A project gives you a deliverable. A program gives you a system. The six drivers a buyer pays for cannot be bought as a deliverable — they have to be built, documented, and run until the business no longer depends on you to make its marketing work. That is the difference between a business that owns its value and a business that is its owner's value. The program decides which one you've built.

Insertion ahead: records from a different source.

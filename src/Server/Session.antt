-- ===== src/Server/Session.antt =====
-- server.c: handle_request, the thread of a client, up to its label `remove`. Each round of its loop
-- has what the system answers in it, and the result of `send_response` for each message.
use local_server_c.Base.{
  ℕ, zero, suc, Option, none, some, Bool, true, false, not, ◌&&◌, List, [], ◌∷◌, ◌++◌, ltb,
  if◌then◌else◌, length, take, drop, min, ℤ, pos, ltb_ℤ, eqb_ℤ,
}
use local_server_c.Base.Text.{codes, c_str, same_text}
use local_server_c.Request
use local_server_c.Request.{listen_request}
use local_server_c.Commands
use local_server_c.Commands.{exec_cmd}

-- PIPE_BUF of <limits.h>.
abbrev pub pipe_buf : ℕ
pipe_buf = 4096

-- The texts that the thread sends besides the commands' output.
pub data Notice : Type 0 where
  reception_error execution_error link_error goodbye : Notice

-- What a thread does to others: a response to its client (a notice, or a buffer), a signal to the
-- client, and in a forked child the run of the command.
pub data Act : Type 0 where
  notice : Notice → Act
  response : List ℕ → Act
  signal : Act
  run : Commands.Executed → Act

-- How the thread's function is left: at the label `remove`, by the `return` of a forked child, or not
-- (it waits, or reads on).
pub data End : Type 0 where
  removes child_returns waits reads_on : End

-- The child of a round.
pub record ChildEnv : Type 0 where
  pub stdout_linked : Bool
  pub stderr_linked : Bool
  pub closed : Bool
  pub fork : ℤ
  pub exec_fails : Bool

pub data Fork : Type 0 where
  fork_failed in_parent : Fork
  in_child : ChildEnv → Fork

-- A round of the loop. `output` is what is written to the tube; `child_writes` says that the child
-- itself writes it, before it ends. `requests` is what the request pipe holds when the next request is
-- read.
pub record Round : Type 0 where
  pub tube_made : Bool
  pub forked : Fork
  pub write_closed : Bool
  pub child_writes : Bool
  pub output : List ℕ
  pub reallocs : ℕ → Bool
  pub reads : ℕ → Option ℕ
  pub read_closed : Bool
  pub sent : List ℕ → ℤ
  pub listen : Request.ListenEnv
  pub requests : Option (List ℕ)

-- What the loop over `realloc` and `read` leaves: no memory, or the bytes and whether `read` failed.
pub data Collected : Type 0 where
  no_memory : Collected
  collected : List ℕ → (failed : Bool) → Collected
  reading : Collected

-- That loop, on fuel, with `got` in the buffer and `rest` in the tube.
module _ (reallocs : ℕ → Bool) (reads : ℕ → Option ℕ) where
  unfoldable pub collect : ℕ → ℕ → List ℕ → List ℕ → Collected
  collect zero i got rest = reading
  collect (suc n) i got rest = elim (reallocs i) [
    | false ↦ no_memory
    | true ↦ elim (reads i) [
      | none ↦ collected got true
      | some k ↦ elim (min (min k pipe_buf) (length rest)) [
        | zero ↦ collected got false
        | suc j ↦ collect n (suc i) (got ++ take (suc j) rest) (drop (suc j) rest)
      ]
    ]
  ]

-- Does `wait` return? The child's own `write` to the tube blocks once the tube is full and nobody reads
-- (pipe(7)), so a child that writes more than `capacity` bytes does not end before the parent reads. A
-- program that the child has started writes on its own: the child ends without waiting for it.
unfoldable pub wait_returns : ℕ → Round → Bool
wait_returns capacity r = not (r.child_writes && ltb capacity (length r.output))

-- What a round leaves: its acts, and the end of the function or the buffer for the next round.
pub data Next : Type 0 where
  stop : End → Next
  go : List ℕ → Next

-- From `listen_request` at the end of a round on.
unfoldable pub next_request : Round → List ℕ → List Act → List Act × Next
next_request r buffer acts =
    let (heard, buffer') = listen_request r.listen r.requests buffer in
    (if ltb_ℤ heard (pos 0) then acts ++ notice reception_error ∷ [] else acts, go buffer')

-- From the last `send_response` of a round on.
unfoldable pub answer_client : Round → List ℕ → List ℕ → List Act → List Act × Next
unfolding next_request
answer_client r buffer got acts =
    let text = got ++ 0 ∷ [] in
    let acts' = acts ++ response text ∷ [] in
    if ltb_ℤ (r.sent text) (pos 0)
    then (acts', stop removes)
    else if eqb_ℤ (r.sent text) (pos 0)
    then (acts' ++ signal ∷ [], stop removes)
    else next_request r buffer acts'

-- The branch of the parent.
unfoldable pub parent_round : ℕ → ℕ → Round → List ℕ → List Act × Next
unfolding answer_client wait_returns
parent_round fuel capacity r buffer =
    let acts = if r.write_closed then [] else notice execution_error ∷ [] in
    if not (wait_returns capacity r)
    then (acts, stop waits)
    else elim (collect r.reallocs r.reads fuel 0 [] r.output) [
      | reading ↦ (acts, stop reads_on)
      | no_memory ↦ (acts ++ notice execution_error ∷ [], stop removes)
      | collected got failed ↦
          let acts' = if failed then acts ++ notice link_error ∷ [] else acts in
          if r.read_closed then answer_client r buffer got acts' else (acts', stop removes)
    ]

-- The branch of the child.
unfoldable pub child_round : ChildEnv → List ℕ → List Act × Next
child_round env buffer =
    if not env.stdout_linked
    then ([], stop child_returns)
    else if not env.stderr_linked
    then ([], stop child_returns)
    else if not env.closed
    then ([], stop child_returns)
    else (run (exec_cmd (some buffer) env.fork env.exec_fails) ∷ [], stop child_returns)

-- The body of the `while`.
unfoldable pub round : ℕ → ℕ → Round → List ℕ → List Act × Next
unfolding parent_round child_round
round fuel capacity r buffer = if not r.tube_made then ([], stop removes) else elim r.forked [
  | fork_failed ↦ (notice execution_error ∷ [], stop removes)
  | in_child env ↦ child_round env buffer
  | in_parent ↦ parent_round fuel capacity r buffer
]

abbrev pub is_exit : List ℕ → Bool
is_exit buffer = same_text (c_str buffer) (codes "exit")

-- The loop, on the rounds to come: where they end, the thread waits for a request.
unfoldable pub session : ℕ → ℕ → List Round → List ℕ → List Act × End
unfolding round
session fuel capacity [] buffer =
    if is_exit buffer then (notice goodbye ∷ [], removes) else ([], waits)
session fuel capacity (r ∷ rs) buffer = elim (is_exit buffer) [
  | true ↦ (notice goodbye ∷ [], removes)
  | false ↦
      let (acts, next) = round fuel capacity r buffer in
      elim next [
        | stop end ↦ (acts, end)
        | go buffer' ↦ let (later, end) = session fuel capacity rs buffer' in (acts ++ later, end)
      ]
]

-- `handle_request` up to `remove`: the first request, then the loop.
unfoldable pub handle_request :
    ℕ → ℕ → Request.ListenEnv → Option (List ℕ) → List ℕ → List Round → List Act × End
unfolding session
handle_request fuel capacity listen requests memory rs =
    let (heard, buffer) = listen_request listen requests memory in
    if ltb_ℤ heard (pos 0)
    then (notice reception_error ∷ [], removes)
    else session fuel capacity rs buffer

Notes on terms and method.

6 To Fix areas
Brand, Customer, Offering, Communications, Sales, Management. The six strategic areas of marketing the framework organizes work into.
Value drivers
The 6-to-6 Bridge. Brand Worth, Customer Yield, Category Claim, Demand Engine, Revenue Quality, Transferable System. Each maps one-to-one to a 6 To Fix area and to a mechanism of enterprise value.
Assets vs. Systems
Brand / Customer / Offering build assets (what the business owns; moves the EBITDA numerator). Communications / Sales / Management build systems (what makes the business run; expands the multiple). Both feed Goodwill.
Goodwill
The premium a buyer pays above net tangible book value at acquisition. The compounded result of the six drivers built over time.
Activity Score
0–10 per area; measures both the volume and the fit of marketing work happening in that area. Sums to a 0–60 total.
Documented Strategy
None / Partial / Current per area; whether the strategy underneath the activity is written, current within twelve months, and used in decisions. The count of areas at Current is Documented Strategy Coverage (0–6). The two dimensions are scored independently and never blended.
Systems Maturity Score
0–20 total, four cross-cutting dimensions scored 0–5 each: Documented (work captured in writing), Repeatable (runs on a cadence the owner does not drive), Measurable (inputs and outputs tracked), Owner-Independent (decisions continue without the owner).
Value Driver Rating
The six bridge drivers rated against a peer benchmark for businesses of similar size and category. Benchmarks drawn from established valuation references (Pepperdine Private Capital Markets Report, IBBA Market Pulse, Exit Planning Institute).
Three tiers
Tier 1 Audit (diagnose), Tier 2 Documented Strategy (document), Tier 3 fCMO + Marketing Management + AI-Native Execution (deploy). Proportional response, not a fixed sequence; entry point set by the scorecard.
EBITDA / multiple / Goodwill
Defined in the companion paper, The Closing-Table Test (Paper 1), Section 3 and Appendix A.